▶ **Assignment**
Wherever the string "zero" appears in a line of the listing below, report that line.

[Given records — start]

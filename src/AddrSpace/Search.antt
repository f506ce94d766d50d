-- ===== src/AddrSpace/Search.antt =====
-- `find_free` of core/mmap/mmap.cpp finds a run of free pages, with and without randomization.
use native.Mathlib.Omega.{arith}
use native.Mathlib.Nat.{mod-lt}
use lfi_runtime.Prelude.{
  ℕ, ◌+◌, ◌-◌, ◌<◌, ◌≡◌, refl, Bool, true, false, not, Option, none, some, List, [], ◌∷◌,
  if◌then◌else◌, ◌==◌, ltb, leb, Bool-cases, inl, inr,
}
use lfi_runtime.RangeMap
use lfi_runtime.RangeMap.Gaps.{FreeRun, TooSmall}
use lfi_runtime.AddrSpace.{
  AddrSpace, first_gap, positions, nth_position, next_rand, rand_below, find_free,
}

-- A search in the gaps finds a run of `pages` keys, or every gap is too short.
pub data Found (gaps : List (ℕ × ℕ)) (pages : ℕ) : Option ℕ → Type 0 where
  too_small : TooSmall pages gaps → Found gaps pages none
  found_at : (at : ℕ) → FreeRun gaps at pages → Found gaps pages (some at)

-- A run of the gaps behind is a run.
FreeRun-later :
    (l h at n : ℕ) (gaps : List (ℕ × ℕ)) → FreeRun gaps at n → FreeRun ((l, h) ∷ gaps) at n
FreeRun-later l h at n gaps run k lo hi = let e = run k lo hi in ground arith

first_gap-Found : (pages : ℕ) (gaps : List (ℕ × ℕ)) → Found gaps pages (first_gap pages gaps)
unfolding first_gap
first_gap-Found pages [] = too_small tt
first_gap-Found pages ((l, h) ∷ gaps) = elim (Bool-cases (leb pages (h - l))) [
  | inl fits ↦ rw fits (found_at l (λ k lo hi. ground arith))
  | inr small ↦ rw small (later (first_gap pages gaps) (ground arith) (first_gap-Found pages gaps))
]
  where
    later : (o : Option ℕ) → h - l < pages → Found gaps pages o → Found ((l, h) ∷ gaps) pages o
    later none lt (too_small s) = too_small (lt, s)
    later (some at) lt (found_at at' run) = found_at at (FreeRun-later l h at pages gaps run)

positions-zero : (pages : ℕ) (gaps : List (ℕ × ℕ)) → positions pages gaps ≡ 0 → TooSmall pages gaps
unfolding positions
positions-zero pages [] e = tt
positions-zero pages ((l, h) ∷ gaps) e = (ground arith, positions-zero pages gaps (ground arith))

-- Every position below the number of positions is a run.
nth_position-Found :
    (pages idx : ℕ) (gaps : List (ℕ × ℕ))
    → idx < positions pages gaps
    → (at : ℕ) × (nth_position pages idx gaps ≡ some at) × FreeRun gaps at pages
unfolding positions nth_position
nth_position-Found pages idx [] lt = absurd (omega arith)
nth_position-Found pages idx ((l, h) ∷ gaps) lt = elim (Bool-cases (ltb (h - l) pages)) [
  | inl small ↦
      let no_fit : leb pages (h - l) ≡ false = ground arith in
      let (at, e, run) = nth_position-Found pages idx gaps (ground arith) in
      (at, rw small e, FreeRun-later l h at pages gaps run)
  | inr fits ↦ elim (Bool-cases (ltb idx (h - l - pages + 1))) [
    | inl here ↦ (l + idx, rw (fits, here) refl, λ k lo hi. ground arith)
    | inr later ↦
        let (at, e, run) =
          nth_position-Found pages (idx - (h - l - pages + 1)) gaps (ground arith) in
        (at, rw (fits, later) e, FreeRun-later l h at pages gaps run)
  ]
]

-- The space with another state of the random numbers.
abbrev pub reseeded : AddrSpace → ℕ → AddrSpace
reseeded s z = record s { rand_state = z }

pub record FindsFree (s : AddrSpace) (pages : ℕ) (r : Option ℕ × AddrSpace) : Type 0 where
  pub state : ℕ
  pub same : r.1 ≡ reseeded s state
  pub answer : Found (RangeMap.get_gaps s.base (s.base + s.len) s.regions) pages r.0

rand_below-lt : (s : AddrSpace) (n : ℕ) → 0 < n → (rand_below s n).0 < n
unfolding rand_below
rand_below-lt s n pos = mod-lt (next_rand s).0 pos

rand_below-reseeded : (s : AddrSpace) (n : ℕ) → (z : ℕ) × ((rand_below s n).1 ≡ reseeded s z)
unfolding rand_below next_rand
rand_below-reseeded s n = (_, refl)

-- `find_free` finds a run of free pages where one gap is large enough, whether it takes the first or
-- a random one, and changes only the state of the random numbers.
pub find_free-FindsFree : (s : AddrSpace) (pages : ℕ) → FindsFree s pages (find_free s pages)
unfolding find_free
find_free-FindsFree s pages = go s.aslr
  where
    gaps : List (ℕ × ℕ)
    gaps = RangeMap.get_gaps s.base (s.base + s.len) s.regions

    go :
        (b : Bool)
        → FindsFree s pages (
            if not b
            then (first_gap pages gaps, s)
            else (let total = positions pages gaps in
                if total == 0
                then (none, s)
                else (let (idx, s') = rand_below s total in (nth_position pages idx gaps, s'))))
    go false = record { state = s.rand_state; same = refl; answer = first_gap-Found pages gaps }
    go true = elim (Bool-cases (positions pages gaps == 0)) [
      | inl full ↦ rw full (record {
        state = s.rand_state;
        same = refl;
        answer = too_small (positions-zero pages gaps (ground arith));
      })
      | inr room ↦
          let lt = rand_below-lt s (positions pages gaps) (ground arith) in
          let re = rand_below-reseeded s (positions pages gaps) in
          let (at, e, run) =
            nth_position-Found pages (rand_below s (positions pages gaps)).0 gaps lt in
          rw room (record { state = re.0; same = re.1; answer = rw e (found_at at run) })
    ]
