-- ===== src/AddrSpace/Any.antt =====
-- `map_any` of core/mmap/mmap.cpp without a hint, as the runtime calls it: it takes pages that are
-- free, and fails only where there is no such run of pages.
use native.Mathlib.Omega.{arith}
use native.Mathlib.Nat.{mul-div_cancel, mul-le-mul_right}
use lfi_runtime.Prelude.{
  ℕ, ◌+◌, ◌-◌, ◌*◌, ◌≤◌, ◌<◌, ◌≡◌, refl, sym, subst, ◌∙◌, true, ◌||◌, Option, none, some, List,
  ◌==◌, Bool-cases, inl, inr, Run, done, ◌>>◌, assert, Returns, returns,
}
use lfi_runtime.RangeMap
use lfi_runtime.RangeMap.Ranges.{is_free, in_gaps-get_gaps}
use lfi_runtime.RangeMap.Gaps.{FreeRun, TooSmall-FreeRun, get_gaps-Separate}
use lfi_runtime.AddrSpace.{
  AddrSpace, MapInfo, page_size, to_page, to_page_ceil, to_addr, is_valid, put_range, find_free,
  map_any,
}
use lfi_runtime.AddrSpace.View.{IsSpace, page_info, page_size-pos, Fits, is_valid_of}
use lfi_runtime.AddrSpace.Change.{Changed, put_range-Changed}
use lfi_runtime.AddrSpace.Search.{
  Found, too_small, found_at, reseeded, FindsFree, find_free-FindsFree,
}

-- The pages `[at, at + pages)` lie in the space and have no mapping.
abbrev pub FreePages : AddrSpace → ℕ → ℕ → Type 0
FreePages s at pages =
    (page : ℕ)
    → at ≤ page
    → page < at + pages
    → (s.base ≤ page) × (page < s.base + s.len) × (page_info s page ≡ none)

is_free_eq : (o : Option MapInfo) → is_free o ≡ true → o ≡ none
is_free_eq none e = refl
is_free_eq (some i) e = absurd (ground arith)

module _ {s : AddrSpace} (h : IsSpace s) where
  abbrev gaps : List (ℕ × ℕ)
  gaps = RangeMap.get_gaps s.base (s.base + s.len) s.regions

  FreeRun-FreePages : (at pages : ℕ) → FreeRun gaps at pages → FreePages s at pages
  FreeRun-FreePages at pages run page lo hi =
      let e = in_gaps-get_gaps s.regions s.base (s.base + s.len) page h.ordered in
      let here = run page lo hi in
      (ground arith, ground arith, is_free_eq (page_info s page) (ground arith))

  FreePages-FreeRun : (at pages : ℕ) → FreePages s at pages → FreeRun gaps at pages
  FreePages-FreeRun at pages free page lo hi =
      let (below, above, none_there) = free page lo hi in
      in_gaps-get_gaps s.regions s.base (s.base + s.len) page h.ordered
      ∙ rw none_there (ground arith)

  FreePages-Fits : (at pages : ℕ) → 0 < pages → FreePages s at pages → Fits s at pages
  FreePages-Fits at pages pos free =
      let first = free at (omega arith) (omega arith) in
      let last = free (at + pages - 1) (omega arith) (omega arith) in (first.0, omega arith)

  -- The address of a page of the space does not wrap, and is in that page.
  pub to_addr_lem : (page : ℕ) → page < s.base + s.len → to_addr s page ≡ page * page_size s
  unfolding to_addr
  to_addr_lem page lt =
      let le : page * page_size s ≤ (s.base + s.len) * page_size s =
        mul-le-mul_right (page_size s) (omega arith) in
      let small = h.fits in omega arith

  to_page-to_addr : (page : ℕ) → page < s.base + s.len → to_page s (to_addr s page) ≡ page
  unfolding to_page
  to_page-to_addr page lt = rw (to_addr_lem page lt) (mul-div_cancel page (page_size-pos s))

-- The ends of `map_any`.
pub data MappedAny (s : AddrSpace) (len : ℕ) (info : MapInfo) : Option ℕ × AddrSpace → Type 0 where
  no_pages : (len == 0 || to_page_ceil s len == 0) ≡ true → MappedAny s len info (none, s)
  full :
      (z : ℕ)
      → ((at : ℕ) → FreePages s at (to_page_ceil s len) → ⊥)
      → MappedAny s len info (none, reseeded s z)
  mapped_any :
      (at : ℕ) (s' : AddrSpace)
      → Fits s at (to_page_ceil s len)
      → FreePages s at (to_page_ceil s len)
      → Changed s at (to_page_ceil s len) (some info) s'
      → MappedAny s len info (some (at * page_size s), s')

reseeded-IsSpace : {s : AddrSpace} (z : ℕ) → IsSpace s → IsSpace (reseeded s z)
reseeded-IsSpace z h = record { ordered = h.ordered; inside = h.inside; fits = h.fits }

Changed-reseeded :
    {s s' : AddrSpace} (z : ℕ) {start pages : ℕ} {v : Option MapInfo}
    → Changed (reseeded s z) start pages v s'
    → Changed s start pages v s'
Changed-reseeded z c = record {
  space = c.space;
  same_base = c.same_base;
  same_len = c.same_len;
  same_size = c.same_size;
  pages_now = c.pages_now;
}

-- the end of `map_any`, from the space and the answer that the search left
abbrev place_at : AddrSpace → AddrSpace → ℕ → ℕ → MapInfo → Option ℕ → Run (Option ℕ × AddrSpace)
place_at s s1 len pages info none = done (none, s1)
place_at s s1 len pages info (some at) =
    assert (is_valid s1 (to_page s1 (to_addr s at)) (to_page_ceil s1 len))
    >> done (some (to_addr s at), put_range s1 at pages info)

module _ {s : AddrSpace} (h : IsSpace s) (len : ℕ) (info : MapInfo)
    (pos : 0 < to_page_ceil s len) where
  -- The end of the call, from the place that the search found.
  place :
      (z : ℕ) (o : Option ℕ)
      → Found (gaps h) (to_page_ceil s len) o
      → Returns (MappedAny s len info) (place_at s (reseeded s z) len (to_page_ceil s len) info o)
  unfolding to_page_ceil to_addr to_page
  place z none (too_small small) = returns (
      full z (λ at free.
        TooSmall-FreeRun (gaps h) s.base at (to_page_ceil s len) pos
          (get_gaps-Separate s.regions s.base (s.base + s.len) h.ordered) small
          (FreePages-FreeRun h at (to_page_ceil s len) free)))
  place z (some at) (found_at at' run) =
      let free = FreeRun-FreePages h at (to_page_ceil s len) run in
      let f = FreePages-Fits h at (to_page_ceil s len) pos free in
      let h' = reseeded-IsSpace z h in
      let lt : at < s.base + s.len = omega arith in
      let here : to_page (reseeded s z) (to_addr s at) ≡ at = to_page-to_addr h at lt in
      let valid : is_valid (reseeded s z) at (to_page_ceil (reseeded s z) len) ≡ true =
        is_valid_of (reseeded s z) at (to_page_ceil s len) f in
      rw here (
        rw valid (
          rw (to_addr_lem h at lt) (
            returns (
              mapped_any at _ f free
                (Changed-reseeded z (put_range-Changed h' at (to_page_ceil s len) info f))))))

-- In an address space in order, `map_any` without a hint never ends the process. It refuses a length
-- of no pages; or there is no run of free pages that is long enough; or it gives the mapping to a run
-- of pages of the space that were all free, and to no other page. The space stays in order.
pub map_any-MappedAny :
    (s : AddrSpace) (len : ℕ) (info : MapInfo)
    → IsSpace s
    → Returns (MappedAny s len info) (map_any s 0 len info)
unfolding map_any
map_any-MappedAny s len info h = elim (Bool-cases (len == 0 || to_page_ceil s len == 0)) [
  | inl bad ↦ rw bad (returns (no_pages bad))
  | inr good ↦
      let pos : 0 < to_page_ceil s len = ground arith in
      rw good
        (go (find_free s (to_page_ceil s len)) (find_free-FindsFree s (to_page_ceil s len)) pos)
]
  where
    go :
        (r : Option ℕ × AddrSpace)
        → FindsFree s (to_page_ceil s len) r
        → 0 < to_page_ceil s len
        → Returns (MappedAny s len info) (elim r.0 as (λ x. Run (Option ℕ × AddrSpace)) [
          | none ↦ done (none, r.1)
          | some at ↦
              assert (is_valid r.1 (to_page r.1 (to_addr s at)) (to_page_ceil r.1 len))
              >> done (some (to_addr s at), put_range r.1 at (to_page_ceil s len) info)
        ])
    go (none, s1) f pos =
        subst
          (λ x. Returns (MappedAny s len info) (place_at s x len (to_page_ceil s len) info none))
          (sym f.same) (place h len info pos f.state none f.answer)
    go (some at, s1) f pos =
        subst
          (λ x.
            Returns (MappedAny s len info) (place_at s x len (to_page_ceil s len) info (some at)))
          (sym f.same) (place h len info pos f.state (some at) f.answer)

[Given records — finish]

▶ **Expected answer**
positions-zero : (pages : ℕ) (gaps : List (ℕ × ℕ)) → positions pages gaps ≡ 0 → TooSmall pages gaps
positions-zero pages [] e = tt
positions-zero pages ((l, h) ∷ gaps) e = (ground arith, positions-zero pages gaps (ground arith))
        answer = too_small (positions-zero pages gaps (ground arith));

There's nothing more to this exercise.